"""
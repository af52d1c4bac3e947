-- ===== src/Print/Numbers.antt =====
-- The number printers of _print.c. A routine is given the bytes at `num_addr`, `num_size` of them,
-- in memory order.
use trash_os.Base.{
  ℕ, zero, suc, ◌+◌, ◌-◌, ◌*◌, ◌/◌, ◌^◌, bit_and, bit_or, List, [], ◌∷◌, ltb, ◌==◌, if◌then◌else◌,
  get_or, length, u32, u64, sub64, ◌<<◌, ◌>>>◌,
}
use trash_os.Base.Runs.{Run, ok, undefined, ◌>>=◌}
use trash_os.Math.{exp10_at, ilog10u, div64, ilog2u}

-- The characters put out, and the number of bytes that the routine returns.
pub record Printed : Type 0 where
  pub chars : List ℕ
  pub bytes : ℕ

abbrev pub printed : List ℕ → ℕ → Printed
printed cs n = record { chars = cs; bytes = n }

-- The character tables for nibbles.
abbrev pub hex : List ℕ
hex =
    b'0' ∷ b'1' ∷ b'2' ∷ b'3' ∷ b'4' ∷ b'5' ∷ b'6' ∷ b'7' ∷ b'8' ∷ b'9' ∷ b'a' ∷ b'b' ∷ b'c' ∷ b'd'
    ∷ b'e' ∷ b'f' ∷ []

abbrev pub big_hex : List ℕ
big_hex =
    b'0' ∷ b'1' ∷ b'2' ∷ b'3' ∷ b'4' ∷ b'5' ∷ b'6' ∷ b'7' ∷ b'8' ∷ b'9' ∷ b'A' ∷ b'B' ∷ b'C' ∷ b'D'
    ∷ b'E' ∷ b'F' ∷ []

-- A read of a table of 16 characters.
unfoldable pub nibble : List ℕ → ℕ → Run ℕ
nibble table digit = if ltb digit 16 then ok (get_or table digit 0) else undefined

-- `num |= (uint64_t)((uint8_t*)num_addr)[i] << i * BITS_PER_BYTE` from index `i` on.
unfoldable pub load_num : List ℕ → ℕ → ℕ → ℕ
load_num [] i num = num
load_num (b ∷ bs) i num = load_num bs (i + 1) (bit_or num (u64 (b << (i * 8))))

-- The loop of `_print_dec_unsigned` from digit `j - 1` down, with `j` rounds left.
unfoldable pub dec_loop : ℕ → ℕ → ℕ → Run (List ℕ)
dec_loop fuel zero num = ok []
dec_loop fuel (suc j) num = do
  q ← div64 fuel num (exp10_at j)
  let digit = u32 q
  c ← nibble hex digit
  rest ← dec_loop fuel j (sub64 num (u64 (digit * exp10_at j)))
  ok (c ∷ rest)

unfoldable pub print_dec_unsigned : ℕ → List ℕ → Run Printed
unfolding load_num dec_loop
print_dec_unsigned fuel mem = do
  let num = load_num mem 0 0
  let j = ilog10u num
  cs ← dec_loop fuel (j + 1) num
  ok (printed cs (j + 1))

-- `for (j = w * (r - 1); j >= 0; j -= w) VGA_PUTC(table[num >> j & mask])`, with `r` rounds left.
unfoldable pub shift_loop : List ℕ → ℕ → ℕ → ℕ → ℕ → Run (List ℕ)
shift_loop table w mask zero num = ok []
shift_loop table w mask (suc r) num = do
  c ← nibble table (bit_and (num >>> (w * r)) mask)
  rest ← shift_loop table w mask r num
  ok (c ∷ rest)

-- The shift `j` starts at `(ilog2u(num) / 3) * 3`, so there are `ilog2u(num) / 3 + 1` rounds.
unfoldable pub print_oct : List ℕ → Run Printed
unfolding load_num shift_loop
print_oct mem = do
  let num = load_num mem 0 0
  l ← ilog2u 64 num
  cs ← shift_loop hex 3 0x7 (l / 3 + 1) num
  ok (printed cs (length cs))

-- The shift starts at `ilog2u(num) & ~0x3`.
unfoldable pub print_nibbles : List ℕ → List ℕ → Run Printed
unfolding load_num shift_loop
print_nibbles table mem = do
  let num = load_num mem 0 0
  l ← ilog2u 64 num
  let j = bit_and l (2 ^ 32 - 1 - 0x3)
  cs ← shift_loop table 4 0xf (j / 4 + 1) num
  ok (printed cs ((j >>> 2) + 1))

unfoldable pub print_hex : List ℕ → Run Printed
unfolding print_nibbles
print_hex mem = print_nibbles hex mem

unfoldable pub print_big_hex : List ℕ → Run Printed
unfolding print_nibbles
print_big_hex mem = print_nibbles big_hex mem

-- The shift starts at `num_size * BITS_PER_BYTE - 4`. `sizeof(num)` is 8, whatever the size.
unfoldable pub print_ptr : List ℕ → Run Printed
unfolding load_num shift_loop
print_ptr mem = do
  let num = load_num mem 0 0
  cs ← shift_loop hex 4 0xf (2 * length mem) num
  ok (printed (b'0' ∷ b'x' ∷ cs) (2 + (8 << 1)))

-- `1 << (num_size * BITS_PER_BYTE - 1)` as an `int`, widened to 64 bits: a shift by 32 or more is
-- undefined, and the shift by 31 is the least `int`.
unfoldable pub sign_mask : ℕ → Run ℕ
sign_mask size =
    if ltb size 4
    then ok (2 ^ (size * 8 - 1))
    else if size == 4
    then ok (2 ^ 64 - 2 ^ 31)
    else undefined

unfoldable pub signed_loop : ℕ → ℕ → ℕ → Run (List ℕ)
signed_loop fuel zero num = ok []
signed_loop fuel (suc j) num = do
  q ← div64 fuel num (exp10_at j)
  c ← nibble hex q
  q' ← div64 fuel num (exp10_at j)
  rest ← signed_loop fuel j (sub64 num (u64 (q' * exp10_at j)))
  ok (c ∷ rest)

unfoldable pub print_magnitude : ℕ → ℕ → Run Printed
unfolding signed_loop
print_magnitude fuel num = do
  let j = ilog10u num
  cs ← signed_loop fuel (j + 1) num
  ok (printed cs (j + 1))

unfoldable pub print_dec_signed : ℕ → List ℕ → Run Printed
unfolding load_num print_magnitude sign_mask
print_dec_signed fuel mem = do
  let num = load_num mem 0 0
  mask ← sign_mask (length mem)
  let wide = bit_or num (if length mem == 8 then 0 else u64 ((2 ^ 64 - 1) << (length mem * 8)))
  let minus = do
    r ← print_magnitude fuel (sub64 0 wide)
    ok (printed (b'-' ∷ r.chars) (1 + r.bytes))
  if bit_and num mask == 0 then print_magnitude fuel num else minus
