-- ===== src/Print/Directive.antt =====
-- `_print_format`: one directive, with the variable arguments as a list.
use trash_os.Base.{ℕ, zero, suc, ◌+◌, ◌/◌, ◌%◌, ◌^◌, List, [], ◌∷◌, length}
use trash_os.Base.Runs.{Run, ok, undefined, ◌>>=◌}
use trash_os.Print.Format.{Format}
use trash_os.Print.Numbers.{
  Printed, print_dec_unsigned, print_dec_signed, print_oct, print_hex, print_big_hex, print_ptr,
}

-- An argument as the caller pushed it: a 32-bit word, a 64-bit one, or a pointer to a C string.
pub data Arg : Type 0 where
  word : ℕ → Arg
  long_word : ℕ → Arg
  text : List ℕ → Arg

-- What a directive leaves behind: its output, `*i`, and the arguments that are left.
pub record Step : Type 0 where
  pub chars : List ℕ
  pub bytes : ℕ
  pub at : ℕ
  pub args : List Arg

-- The bytes of a value in memory, least significant first.
unfoldable pub bytes_of : ℕ → ℕ → List ℕ
bytes_of zero v = []
bytes_of (suc size) v = (v % 2 ^ 8) ∷ bytes_of size (v / 2 ^ 8)

module _ (printer : List ℕ → Run Printed) (size skip i : ℕ) where
  step : ℕ → List Arg → Run Step
  unfolding bytes_of
  step v args = do
    r ← printer (bytes_of size v)
    ok (record { chars = r.chars; bytes = r.bytes; at = i + skip; args = args })

  -- `va_arg(*arg, int)` or `va_arg(*arg, unsigned int)`, cut to `size` bytes and printed.
  unfoldable pub print_word : List Arg → Run Step
  unfolding step
  print_word (word v ∷ args) = step v args
  print_word _ = undefined

  -- `va_arg(*arg, uint64_t)`
  unfoldable pub print_long : List Arg → Run Step
  unfolding step
  print_long (long_word v ∷ args) = step v args
  print_long _ = undefined

unfoldable pub print_text : ℕ → List Arg → Run Step
print_text i (text s ∷ args) = ok (record { chars = s; bytes = length s; at = i; args = args })
print_text i _ = undefined

unfoldable pub print_format : ℕ → ℕ → List Arg → Format → Run Step
unfolding print_word print_long print_text
print_format fuel i args Format.short_short_int = print_word (print_dec_signed fuel) 1 2 i args
print_format fuel i args Format.short_int = print_word (print_dec_signed fuel) 2 1 i args
print_format fuel i args Format.int = print_word (print_dec_signed fuel) 4 0 i args
print_format fuel i args Format.long_int = print_long (print_dec_signed fuel) 8 1 i args
print_format fuel i args Format.long_long_int = print_long (print_dec_signed fuel) 8 2 i args
print_format fuel i args Format.short_short_uint = print_word (print_dec_unsigned fuel) 1 2 i args
print_format fuel i args Format.short_uint = print_word (print_dec_unsigned fuel) 2 1 i args
print_format fuel i args Format.uint = print_word (print_dec_unsigned fuel) 4 0 i args
print_format fuel i args Format.long_uint = print_long (print_dec_unsigned fuel) 8 1 i args
print_format fuel i args Format.long_long_uint = print_long (print_dec_unsigned fuel) 8 2 i args
print_format fuel i args Format.short_short_oct = print_word print_oct 1 2 i args
print_format fuel i args Format.short_oct = print_word print_oct 2 1 i args
print_format fuel i args Format.oct = print_word print_oct 4 0 i args
print_format fuel i args Format.long_oct = print_long print_oct 8 1 i args
print_format fuel i args Format.long_long_oct = print_long print_oct 8 2 i args
print_format fuel i args Format.short_short_hex = print_word print_hex 1 2 i args
print_format fuel i args Format.short_hex = print_word print_hex 2 1 i args
print_format fuel i args Format.hex = print_word print_hex 4 0 i args
print_format fuel i args Format.long_hex = print_long print_hex 8 1 i args
print_format fuel i args Format.long_long_hex = print_long print_hex 8 2 i args
print_format fuel i args Format.short_short_big_hex = print_word print_big_hex 1 2 i args
print_format fuel i args Format.short_big_hex = print_word print_big_hex 2 1 i args
print_format fuel i args Format.big_hex = print_word print_big_hex 4 0 i args
print_format fuel i args Format.long_big_hex = print_long print_big_hex 8 1 i args
print_format fuel i args Format.long_long_big_hex = print_long print_big_hex 8 2 i args
print_format fuel i args Format.ptr = print_word print_ptr 4 0 i args
print_format fuel i args Format.long_ptr = print_long print_ptr 8 1 i args
print_format fuel i args Format.str = print_text i args
print_format fuel i args Format.escaped_percent =
    ok (record { chars = b'%' ∷ []; bytes = 1; at = i; args = args })
print_format fuel i args _ =
    ok (record { chars = b'?' ∷ b'?' ∷ b'?' ∷ []; bytes = 3; at = i; args = args })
"""
» **Exercise objective**:
Take the listing above and repeat exactly the lines from the one containing "-= w) VGA_PUTC(table[num" through the one containing "unfoldable pub print_oct", both included.

» **Written response**:
-- `for (j = w * (r - 1); j >= 0; j -= w) VGA_PUTC(table[num >> j & mask])`, with `r` rounds left.
unfoldable pub shift_loop : List ℕ → ℕ → ℕ → ℕ → ℕ → Run (List ℕ)
shift_loop table w mask zero num = ok []
shift_loop table w mask (suc r) num = do
  c ← nibble table (bit_and (num >>> (w * r)) mask)
  rest ← shift_loop table w mask r num
  ok (c ∷ rest)

-- The shift `j` starts at `(ilog2u(num) / 3) * 3`, so there are `ilog2u(num) / 3 + 1` rounds.
unfoldable pub print_oct : List ℕ → Run Printed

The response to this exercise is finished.